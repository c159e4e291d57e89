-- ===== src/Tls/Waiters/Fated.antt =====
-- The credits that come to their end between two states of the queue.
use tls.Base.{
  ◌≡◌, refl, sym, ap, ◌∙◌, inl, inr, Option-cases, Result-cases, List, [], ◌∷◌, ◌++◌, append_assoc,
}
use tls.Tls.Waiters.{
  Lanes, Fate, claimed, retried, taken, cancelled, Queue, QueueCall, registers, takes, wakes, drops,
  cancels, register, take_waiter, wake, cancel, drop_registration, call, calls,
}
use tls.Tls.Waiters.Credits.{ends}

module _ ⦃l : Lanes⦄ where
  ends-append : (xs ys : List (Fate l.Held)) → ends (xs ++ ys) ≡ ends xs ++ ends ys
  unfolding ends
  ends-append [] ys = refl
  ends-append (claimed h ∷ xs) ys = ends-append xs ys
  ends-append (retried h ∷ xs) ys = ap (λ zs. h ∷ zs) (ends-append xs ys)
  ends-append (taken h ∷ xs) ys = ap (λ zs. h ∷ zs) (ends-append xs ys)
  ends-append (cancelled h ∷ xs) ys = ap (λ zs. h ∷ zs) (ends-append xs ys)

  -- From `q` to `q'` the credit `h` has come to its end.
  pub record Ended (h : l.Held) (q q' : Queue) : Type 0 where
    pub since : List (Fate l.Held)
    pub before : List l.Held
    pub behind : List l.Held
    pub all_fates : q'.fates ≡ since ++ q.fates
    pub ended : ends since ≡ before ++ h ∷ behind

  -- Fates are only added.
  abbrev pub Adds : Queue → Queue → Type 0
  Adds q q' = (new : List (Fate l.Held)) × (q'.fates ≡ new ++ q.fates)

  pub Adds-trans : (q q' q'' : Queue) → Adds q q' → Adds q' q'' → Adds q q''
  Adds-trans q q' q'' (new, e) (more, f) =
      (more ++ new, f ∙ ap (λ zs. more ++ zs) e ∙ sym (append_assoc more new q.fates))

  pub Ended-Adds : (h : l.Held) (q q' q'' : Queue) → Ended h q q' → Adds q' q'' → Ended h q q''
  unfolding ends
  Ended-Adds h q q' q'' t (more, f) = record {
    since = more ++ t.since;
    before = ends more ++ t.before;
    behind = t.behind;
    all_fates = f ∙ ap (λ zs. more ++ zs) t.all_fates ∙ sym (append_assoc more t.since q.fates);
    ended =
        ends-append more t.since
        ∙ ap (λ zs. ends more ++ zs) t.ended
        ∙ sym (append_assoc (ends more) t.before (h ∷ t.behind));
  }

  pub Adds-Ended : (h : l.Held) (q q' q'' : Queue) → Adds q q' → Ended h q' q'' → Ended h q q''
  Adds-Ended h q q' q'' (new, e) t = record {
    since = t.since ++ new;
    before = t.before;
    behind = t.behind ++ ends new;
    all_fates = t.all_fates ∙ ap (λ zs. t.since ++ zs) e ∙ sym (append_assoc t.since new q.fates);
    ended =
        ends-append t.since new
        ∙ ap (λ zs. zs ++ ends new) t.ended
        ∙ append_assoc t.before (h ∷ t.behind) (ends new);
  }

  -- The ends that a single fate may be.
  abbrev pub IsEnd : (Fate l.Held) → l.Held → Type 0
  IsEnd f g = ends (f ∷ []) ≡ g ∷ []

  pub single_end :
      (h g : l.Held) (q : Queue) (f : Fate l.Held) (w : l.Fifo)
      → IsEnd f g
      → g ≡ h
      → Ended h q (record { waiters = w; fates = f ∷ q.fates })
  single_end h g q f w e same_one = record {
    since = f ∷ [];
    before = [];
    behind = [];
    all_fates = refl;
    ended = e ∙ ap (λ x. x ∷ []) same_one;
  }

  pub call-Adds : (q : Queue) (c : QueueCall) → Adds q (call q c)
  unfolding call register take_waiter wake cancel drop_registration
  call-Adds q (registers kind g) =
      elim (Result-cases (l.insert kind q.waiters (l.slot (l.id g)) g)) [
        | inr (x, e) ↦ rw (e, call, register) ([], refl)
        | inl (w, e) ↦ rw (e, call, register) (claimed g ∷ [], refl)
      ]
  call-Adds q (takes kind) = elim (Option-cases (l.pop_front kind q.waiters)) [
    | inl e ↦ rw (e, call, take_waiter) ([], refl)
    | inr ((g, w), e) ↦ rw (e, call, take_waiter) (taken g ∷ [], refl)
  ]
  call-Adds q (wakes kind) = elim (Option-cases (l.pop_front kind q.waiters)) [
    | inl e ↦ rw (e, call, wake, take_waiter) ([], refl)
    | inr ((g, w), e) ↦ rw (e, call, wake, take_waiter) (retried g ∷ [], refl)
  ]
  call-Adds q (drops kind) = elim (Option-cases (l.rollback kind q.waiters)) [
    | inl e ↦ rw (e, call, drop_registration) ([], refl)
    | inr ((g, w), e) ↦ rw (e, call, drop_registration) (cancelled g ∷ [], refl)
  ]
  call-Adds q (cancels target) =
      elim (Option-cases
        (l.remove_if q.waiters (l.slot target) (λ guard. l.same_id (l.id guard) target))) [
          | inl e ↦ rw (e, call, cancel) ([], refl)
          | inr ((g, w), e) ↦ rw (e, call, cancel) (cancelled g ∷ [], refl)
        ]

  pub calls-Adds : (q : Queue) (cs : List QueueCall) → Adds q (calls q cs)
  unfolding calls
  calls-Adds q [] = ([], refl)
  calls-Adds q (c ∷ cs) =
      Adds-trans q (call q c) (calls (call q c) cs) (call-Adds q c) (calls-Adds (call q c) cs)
-----
_Work required_
An exact copy of the data is needed.

_Answer box_
repository c159e4e291d57e89
-- ===== src/Tls/Waiters/Fated.antt =====
-- The credits that come to their end between two states of the queue.
use tls.Base.{
  ◌≡◌, refl, sym, ap, ◌∙◌, inl, inr, Option-cases, Result-cases, List, [], ◌∷◌, ◌++◌, append_assoc,
}
use tls.Tls.Waiters.{
  Lanes, Fate, claimed, retried, taken, cancelled, Queue, QueueCall, registers, takes, wakes, drops,
  cancels, register, take_waiter, wake, cancel, drop_registration, call, calls,
}
use tls.Tls.Waiters.Credits.{ends}

module _ ⦃l : Lanes⦄ where
  ends-append : (xs ys : List (Fate l.Held)) → ends (xs ++ ys) ≡ ends xs ++ ends ys
  unfolding ends
  ends-append [] ys = refl
  ends-append (claimed h ∷ xs) ys = ends-append xs ys
  ends-append (retried h ∷ xs) ys = ap (λ zs. h ∷ zs) (ends-append xs ys)
  ends-append (taken h ∷ xs) ys = ap (λ zs. h ∷ zs) (ends-append xs ys)
  ends-append (cancelled h ∷ xs) ys = ap (λ zs. h ∷ zs) (ends-append xs ys)

  -- From `q` to `q'` the credit `h` has come to its end.
  pub record Ended (h : l.Held) (q q' : Queue) : Type 0 where
    pub since : List (Fate l.Held)
    pub before : List l.Held
    pub behind : List l.Held
    pub all_fates : q'.fates ≡ since ++ q.fates
    pub ended : ends since ≡ before ++ h ∷ behind

  -- Fates are only added.
  abbrev pub Adds : Queue → Queue → Type 0
  Adds q q' = (new : List (Fate l.Held)) × (q'.fates ≡ new ++ q.fates)

  pub Adds-trans : (q q' q'' : Queue) → Adds q q' → Adds q' q'' → Adds q q''
  Adds-trans q q' q'' (new, e) (more, f) =
      (more ++ new, f ∙ ap (λ zs. more ++ zs) e ∙ sym (append_assoc more new q.fates))

  pub Ended-Adds : (h : l.Held) (q q' q'' : Queue) → Ended h q q' → Adds q' q'' → Ended h q q''
  unfolding ends
  Ended-Adds h q q' q'' t (more, f) = record {
    since = more ++ t.since;
    before = ends more ++ t.before;
    behind = t.behind;
    all_fates = f ∙ ap (λ zs. more ++ zs) t.all_fates ∙ sym (append_assoc more t.since q.fates);
    ended =
        ends-append more t.since
        ∙ ap (λ zs. ends more ++ zs) t.ended
        ∙ sym (append_assoc (ends more) t.before (h ∷ t.behind));
  }

  pub Adds-Ended : (h : l.Held) (q q' q'' : Queue) → Adds q q' → Ended h q' q'' → Ended h q q''
  Adds-Ended h q q' q'' (new, e) t = record {
    since = t.since ++ new;
    before = t.before;
    behind = t.behind ++ ends new;
    all_fates = t.all_fates ∙ ap (λ zs. t.since ++ zs) e ∙ sym (append_assoc t.since new q.fates);
    ended =
        ends-append t.since new
        ∙ ap (λ zs. zs ++ ends new) t.ended
        ∙ append_assoc t.before (h ∷ t.behind) (ends new);
  }

  -- The ends that a single fate may be.
  abbrev pub IsEnd : (Fate l.Held) → l.Held → Type 0
  IsEnd f g = ends (f ∷ []) ≡ g ∷ []

  pub single_end :
      (h g : l.Held) (q : Queue) (f : Fate l.Held) (w : l.Fifo)
      → IsEnd f g
      → g ≡ h
      → Ended h q (record { waiters = w; fates = f ∷ q.fates })
  single_end h g q f w e same_one = record {
    since = f ∷ [];
    before = [];
    behind = [];
    all_fates = refl;
    ended = e ∙ ap (λ x. x ∷ []) same_one;
  }

  pub call-Adds : (q : Queue) (c : QueueCall) → Adds q (call q c)
  unfolding call register take_waiter wake cancel drop_registration
  call-Adds q (registers kind g) =
      elim (Result-cases (l.insert kind q.waiters (l.slot (l.id g)) g)) [
        | inr (x, e) ↦ rw (e, call, register) ([], refl)
        | inl (w, e) ↦ rw (e, call, register) (claimed g ∷ [], refl)
      ]
  call-Adds q (takes kind) = elim (Option-cases (l.pop_front kind q.waiters)) [
    | inl e ↦ rw (e, call, take_waiter) ([], refl)
    | inr ((g, w), e) ↦ rw (e, call, take_waiter) (taken g ∷ [], refl)
  ]
  call-Adds q (wakes kind) = elim (Option-cases (l.pop_front kind q.waiters)) [
    | inl e ↦ rw (e, call, wake, take_waiter) ([], refl)
    | inr ((g, w), e) ↦ rw (e, call, wake, take_waiter) (retried g ∷ [], refl)
  ]
  call-Adds q (drops kind) = elim (Option-cases (l.rollback kind q.waiters)) [
    | inl e ↦ rw (e, call, drop_registration) ([], refl)
    | inr ((g, w), e) ↦ rw (e, call, drop_registration) (cancelled g ∷ [], refl)
  ]
  call-Adds q (cancels target) =
      elim (Option-cases
        (l.remove_if q.waiters (l.slot target) (λ guard. l.same_id (l.id guard) target))) [
          | inl e ↦ rw (e, call, cancel) ([], refl)
          | inr ((g, w), e) ↦ rw (e, call, cancel) (cancelled g ∷ [], refl)
        ]

  pub calls-Adds : (q : Queue) (cs : List QueueCall) → Adds q (calls q cs)
  unfolding calls
  calls-Adds q [] = ([], refl)
  calls-Adds q (c ∷ cs) =
      Adds-trans q (call q c) (calls (call q c) cs) (call-Adds q c) (calls-Adds (call q c) cs)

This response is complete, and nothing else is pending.